I soldati marciarono a passo deciso verso la porta indicata dal principe la aprirono rivelando una stanza quadrangolare completamente vuota illuminata fiocamente da una finestrella troppo in alto per essere raggiunta da qualsiasi persona. Le pietre che rivestivano il pavimento e le pareti erano scure e sporche e anche il giaciglio di paglia che doveva fungere da letto non era dei più puliti. Felìce ci venne scaricata sopra, ma non appena toccò terra si rigettò in avanti con uno scatto fulmino gattonando come un cane per raggiungere la porta che si stava per chiudere. Una delle guardie però si frappose tra lei e la libertà colpendola in viso con il ginocchio.La ragazza cadde all'indietro portandosi le mani sullo zigomo dolorante. Un rivolo di sangue le scese dal naso arrossato.
-Vedrete che la notte passerà in fretta- disse il principe mentre la porta si chiudeva con un tonfo sordo.
La osservò attentamente dalla grata sulla parte alta della porta. Era minuta, sembrava un bambina invece che una giovane di quasi quindici anni. Aveva braccia e gambe ossute, polsi finissimi e i lineamenti infantili; soltanto gli occhi tradivano un'immensa forza d'animo e una sofferenza pari a quella di una donna adulta.
Chissà se quella ragazza era mai stata veramente una bambina o se l'infanzia le era stata portata via brutalmente come succedeva a tanti altri.
Felìce sputò contro la porta un grumo di saliva e sangue.
-Non pensate mai a quante vite, dall'alto del vostro castello, rovinate senza neanche curarvene?-.
-Mi sembrate tutti molto abili a giudicare senza conoscere oggi. Cos'è?Ispiro una particolare antipatia? O è per il fatto che sono l'unico che si degna di fare il lavoro sporco e che quindi si può prendere tutti gli insulti senza fiatare?-.
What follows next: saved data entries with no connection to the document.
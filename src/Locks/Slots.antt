-- ===== src/Locks/Slots.antt =====
-- ring.go: the slots that SubmitEntry hands to goroutines which hold them at the same time.
use iouring_go.Base.{
  ℕ, ◌+◌, ◌-◌, ◌%◌, ◌^◌, ◌≤◌, ◌<◌, ◌≡◌, ◌≢◌, refl, sym, ap, subst, ◌∙◌, ◌⊎◌, inl, inr, Option, none,
  some, List, get_elem?, set, arith, bit_and, get_elem?-set_self, get_elem?-set_ne, lt_of_get,
}
use iouring_go.Base.Bits.{bit_and_mask, pow-pos}
use native.Mathlib.Nat.{mod-lt, mod-add-mod}
use native.Mathlib.Decide.{ℕ_discrete}
use iouring_go.Base.Bits.{add-mod_cancel}
use iouring_go.Submit.Slots.{pow-lt}
use iouring_go.Locks.{Shared, Pc, Move, System, Reach, next_of, step, here, later}

-- The slot that a goroutine has reserved and not given up or published.
unfoldable pub slot_in : Pc → Option ℕ
slot_in (Pc.reserved s) = some s
slot_in (Pc.clear s) = some s
slot_in (Pc.writing s) = some s
slot_in (Pc.completing s w) = some s
slot_in (Pc.published s) = some s
slot_in _ = none

abbrev pub slot_at : List Pc → ℕ → Option ℕ
slot_at pcs i = elim (get_elem? pcs i) [ none ↦ none | some p ↦ slot_in p ]

-- How many of the steps of a run reserve a slot.
unfoldable pub reserves : {m m' : Shared} {p p' : Pc} → Move m p m' p' → ℕ
reserves (Move.reserve le e) = 1
reserves _ = 0

unfoldable pub taken : {s t : System} → Reach s t → ℕ
unfolding reserves
taken here = 0
taken (later r (step i h mv)) = reserves mv + taken r

-- What a step does to the tail and to the slot of its goroutine.
data Effect (m m' : Shared) (p p' : Pc) : ℕ → Type 0 where
  same : m'.tail ≡ m.tail → slot_in p' ≡ slot_in p → Effect m m' p p' 0
  drop : m'.tail ≡ m.tail → slot_in p' ≡ none → Effect m m' p p' 0
  took : m'.tail ≡ next_of m m.tail → slot_in p' ≡ some (bit_and m.tail m.mask) → Effect m m' p p' 1

-- The words fit a queue of 2 ^ k entries.
pub record IsSized (k : ℕ) (m : Shared) : Type 0 where
  pub small : k < 31
  pub mask_ones : m.mask ≡ 2 ^ k - 1
  pub entries : m.n_entries ≡ 2 ^ k

module _ {k : ℕ} {m : Shared} (h : IsSized k m) where
  pub mask-mod : (t : ℕ) → bit_and t m.mask ≡ t % 2 ^ k
  mask-mod t = ap (bit_and t) h.mask_ones ∙ bit_and_mask k t

  pub next-mod : (t : ℕ) → next_of m t ≡ t % 2 ^ k + 1
  next-mod t = omega (arith, mask-mod t, mod-lt t (pow-pos k), pow-lt k h.small)

  Move-IsSized : {m' : Shared} {p p' : Pc} → Move m p m' p' → IsSized k m'
  Move-IsSized (Move.lock e) = record {
    small = h.small;
    mask_ones = h.mask_ones;
    entries = h.entries;
  }
  Move-IsSized mv = record { small = h.small; mask_ones = h.mask_ones; entries = h.entries }

  Move-Effect : {m' : Shared} {p p' : Pc} (mv : Move m p m' p') → Effect m m' p p' (reserves mv)
  unfolding slot_in reserves
  Move-Effect Move.load_tail = same refl refl
  Move-Effect (Move.reserve le e) =
      took (ap (next_of m) (sym e)) (ap (λ x. some (bit_and x m.mask)) (sym e))
  Move-Effect (Move.restart gt e) =
      absurd
        (omega (arith, gt, next-mod m.tail, h.entries, mod-lt m.tail (pow-pos k), ap (next_of m) e))
  Move-Effect (Move.busy e) = drop refl refl
  Move-Effect Move.store_array = drop refl refl
  Move-Effect (Move.no_writes e) = drop refl refl
  Move-Effect mv = same refl refl

some-same : {x y : ℕ} → some x ≡ some y → x ≡ y
some-same e = cc

none-ne-some : {x : ℕ} → none ≢ some x
none-ne-some e = cc

-- The slots that are held after `c` of them were reserved from the tail `t₀` on: each is one of these,
-- and no two goroutines hold the same.
record Held (k t₀ c : ℕ) (s : System) : Type 0 where
  sized : IsSized k s.mem
  tail : s.mem.tail % 2 ^ k ≡ (t₀ + c) % 2 ^ k
  lap : (i x : ℕ) → slot_at s.pcs i ≡ some x → (j : ℕ) × (j < c) × (x ≡ (t₀ + j) % 2 ^ k)
  apart : (i j x : ℕ) → slot_at s.pcs i ≡ some x → slot_at s.pcs j ≡ some x → i ≡ j

slot_at_of : (pcs : List Pc) (i : ℕ) {p : Pc} → get_elem? pcs i ≡ some p → slot_at pcs i ≡ slot_in p
slot_at_of pcs i h = ground (arith, h)

slot_at_self :
    (pcs : List Pc) (i : ℕ) {p : Pc} (p' : Pc)
    → get_elem? pcs i ≡ some p
    → slot_at (set pcs i p') i ≡ slot_in p'
slot_at_self pcs i p' h = ground (arith, get_elem?-set_self pcs i p' (lt_of_get pcs i h))

slot_at_ne : (pcs : List Pc) (i j : ℕ) (p' : Pc) → i ≢ j → slot_at (set pcs i p') j ≡ slot_at pcs j
slot_at_ne pcs i j p' ne = ground (arith, get_elem?-set_ne pcs p' ne)

module _ {k t₀ c : ℕ} {s : System} (held : Held k t₀ c s) (i : ℕ) where
  -- What a goroutine holds after a step of `i`: what it held before, or, if it is `i`, what `p'` holds.
  held_before :
      {p : Pc} (p' : Pc) (j x : ℕ)
      → get_elem? s.pcs i ≡ some p
      → slot_at (set s.pcs i p') j ≡ some x
      → ((i ≡ j) × (slot_in p' ≡ some x)) ⊎ ((i ≢ j) × (slot_at s.pcs j ≡ some x))
  held_before p' j x h e = elim (ℕ_discrete i j) [
    | yes q ↦ inl (q, sym (slot_at_self s.pcs i p' h) ∙ ap (slot_at (set s.pcs i p')) q ∙ e)
    | no q ↦ inr (q, sym (slot_at_ne s.pcs i j p' q) ∙ e)
  ]

  kept-Held :
      {m : Shared} (p' : Pc)
      → ((j x : ℕ) → slot_at (set s.pcs i p') j ≡ some x → slot_at s.pcs j ≡ some x)
      → IsSized k m
      → m.tail ≡ s.mem.tail
      → Held k t₀ (c + 0) (record { mem = m; pcs = set s.pcs i p' })
  kept-Held p' kept sized t = record {
    sized = sized;
    tail = ap (λ y. y % 2 ^ k) t ∙ held.tail ∙ ap (λ y. (t₀ + y) % 2 ^ k) (omega arith);
    lap = λ j x e. let (n, lt, at) = held.lap j x (kept j x e) in (n, omega (arith, lt), at);
    apart = λ j j' x e e'. held.apart j j' x (kept j x e) (kept j' x e');
  }

  -- The slot at the tail was held by nobody.
  fresh : (j x : ℕ) → c < 2 ^ k → bit_and s.mem.tail s.mem.mask ≡ x → slot_at s.pcs j ≢ some x
  fresh j x room new e =
      let (n, lt, at) = held.lap j x e in
      let now : n ≡ c =
        add-mod_cancel (2 ^ k) t₀ n c (pow-pos k) (omega (arith, lt, room)) room
          (sym at ∙ sym new ∙ mask-mod held.sized s.mem.tail ∙ held.tail) in
      absurd (omega (arith, now, lt))

  took-Held :
      {m : Shared} {p : Pc} (p' : Pc)
      → get_elem? s.pcs i ≡ some p
      → IsSized k m
      → c + 1 ≤ 2 ^ k
      → m.tail ≡ next_of s.mem s.mem.tail
      → slot_in p' ≡ some (bit_and s.mem.tail s.mem.mask)
      → Held k t₀ (c + 1) (record { mem = m; pcs = set s.pcs i p' })
  took-Held p' h sized below t new =
      let room : c < 2 ^ k = omega (arith, below) in
      record {
        sized = sized;
        tail =
            ap (λ y. y % 2 ^ k) (t ∙ next-mod held.sized s.mem.tail)
            ∙ ap (λ y. (y + 1) % 2 ^ k) held.tail
            ∙ mod-add-mod (t₀ + c) (2 ^ k) 1
            ∙ ap (λ y. y % 2 ^ k) (omega arith);
        lap = λ j x e. elim (held_before p' j x h e) [
          | inl (q, at) ↦ (
            c,
            omega arith,
            sym (some-same (sym new ∙ at)) ∙ mask-mod held.sized s.mem.tail ∙ held.tail,
          )
          | inr (q, at) ↦ let (n, lt, at') = held.lap j x at in (n, omega (arith, lt), at')
        ];
        apart = λ j j' x e e'. elim (held_before p' j x h e) [
          | inl (q, at) ↦ elim (held_before p' j' x h e') [
            | inl (q', at') ↦ sym q ∙ q'
            | inr (q', at') ↦ absurd (fresh j' x room (some-same (sym new ∙ at)) at')
          ]
          | inr (q, at) ↦ elim (held_before p' j' x h e') [
            | inl (q', at') ↦ absurd (fresh j x room (some-same (sym new ∙ at')) at)
            | inr (q', at') ↦ held.apart j j' x at at'
          ]
        ];
      }

  Effect-Held :
      {m : Shared} {p p' : Pc} {n : ℕ}
      → get_elem? s.pcs i ≡ some p
      → IsSized k m
      → c + n ≤ 2 ^ k
      → Effect s.mem m p p' n
      → Held k t₀ (c + n) (record { mem = m; pcs = set s.pcs i p' })
  Effect-Held {p' = p'} h sized room (same t e) =
      kept-Held p'
        (λ j x f. elim (held_before p' j x h f) [
          | inl (q, at) ↦ ap (slot_at s.pcs) (sym q) ∙ slot_at_of s.pcs i h ∙ sym e ∙ at
          | inr (q, at) ↦ at
        ])
        sized t
  Effect-Held {p' = p'} h sized room (drop t e) =
      kept-Held p'
        (λ j x f. elim (held_before p' j x h f) [
          | inl (q, at) ↦ absurd (none-ne-some (sym e ∙ at))
          | inr (q, at) ↦ at
        ])
        sized t
  Effect-Held {p' = p'} h sized room (took t e) = took-Held p' h sized room t e

Step-Held :
    {k t₀ c : ℕ} {s : System} {m : Shared} {p p' : Pc} (i : ℕ)
    → get_elem? s.pcs i ≡ some p
    → (mv : Move s.mem p m p') → c + reserves mv ≤ 2 ^ k
    → Held k t₀ c s
    → Held k t₀ (c + reserves mv) (record { mem = m; pcs = set s.pcs i p' })
Step-Held i h mv room held =
    Effect-Held held i h (Move-IsSized held.sized mv) room (Move-Effect held.sized mv)

module _ (k : ℕ) (s : System) (sized : IsSized k s.mem)
    (rest : (i x : ℕ) → slot_at s.pcs i ≢ some x) where
  Reach-Held : {t : System} (r : Reach s t) → taken r ≤ 2 ^ k → Held k s.mem.tail (taken r) t
  unfolding taken
  Reach-Held here few = record {
    sized = sized;
    tail = ap (λ y. y % 2 ^ k) (omega arith);
    lap = λ i x e. absurd (rest i x e);
    apart = λ i j x e e'. absurd (rest i x e);
  }
  Reach-Held {t = u} (later r (step i h mv)) few =
      subst (λ n. Held k s.mem.tail n u) (omega arith)
        (Step-Held i h mv (omega (arith, few)) (Reach-Held r (omega (arith, few))))

  -- From a state in which no goroutine holds an entry, and as long as the whole run has reserved at most
  -- as many entries as the queue has, those given back or published included, two goroutines that hold an entry, in whatever order all of them make their
  -- steps, hold different ones.
  pub Reach-apart :
      {t : System} (r : Reach s t) (i j x y : ℕ)
      → taken r ≤ 2 ^ k
      → i ≢ j
      → slot_at t.pcs i ≡ some x
      → slot_at t.pcs j ≡ some y
      → x ≢ y
  Reach-apart {t} r i j x y few ne at at' e =
      ne ((Reach-Held r few).apart i j x at (at' ∙ ap some (sym e)))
Felìce lo esaminò con lo sguardo come usava fare spesso con le persone che non riusciva a decifrare. Tentò di immaginarselo in modo diverso,cercò di grattare via la corteccia di cui si era ricoperto, ma come avrebbe potuto mai capire qualcuno che non voleva essere capito?
-Perché fate tutto questo allora, Vostra Signoria?-.
Lui ridusse gli occhi scuri e tristi a due fessure.
-I non sono il signore di nessuno- tagliò corto -e non cercate di fare questo gioco con me-.
-Siete voi che state giocando- ribattè Felìce -e non è un gioco divertente, non quando ci vanno di mezzo delle vite. Perchè non vi tirate indietro? Non sareste solo-.
-Mi chiedo perché io sia ancora qui...- borbottò lui facendo per andarsene.
-Perché sapete che ho ragione- lo fermò lei -scegliere la strada giusta quando si conosce anche quella sbagliata è sempre più difficile-.
Theon abbassò la testa mentre i ricci scuri gli ricadevano sulla fronte.Quella sconosciuta era riuscita a leggerlo dentro meglio di quanto avessero mai fatto suo padre o suo fratello. La verità è un'arma tagliente.
-Vorrei solo che sapeste che ognuno lotta come può, a modo suo- rispose -c'è chi compie grandi imprese e chi invece agisce senza farsi notare ma ciò non comporta che entrambi non possano arrivare alla gloria. Ciò che è giusto trionferà alla fine, non abbiate paura-.
Felìce sorrise pensando a quanto fosse stupida una dichiarazione del genere.Il solo fatto che sul trono ci fosse suo padre era un chiaro esempio che la giustizia era andata a farsi benedire da tempo. Aprì la bocca per ribattere, ma una voce la precedette.
-Vostra Signoria- lo chiamò un soldato comparendo alle sue spalle e Felìce vide il guizzo della mascella del principe al suono di quelle parole.
Io non sono il signore di nessuno.
-Vostro fratello vi ha mandato a chiamare, dice che dovete andare in perlustrazione fuori città-.
-Ci sono problemi?- chiese lui tornando ad indossare la maschera del coraggioso cavaliere.
-Non ancora, ma è meglio stare all'erta-.
Il principe congedò il soldato con un cenno della testa e prima di andarsene guardò ancora una volta Felìce con uno sguardo da "te l'avevo detto".
Effettivamente c'era ancora Arthur fuori da quella città.
Andate avrebbe voluto dirgli, ma era già scomparso.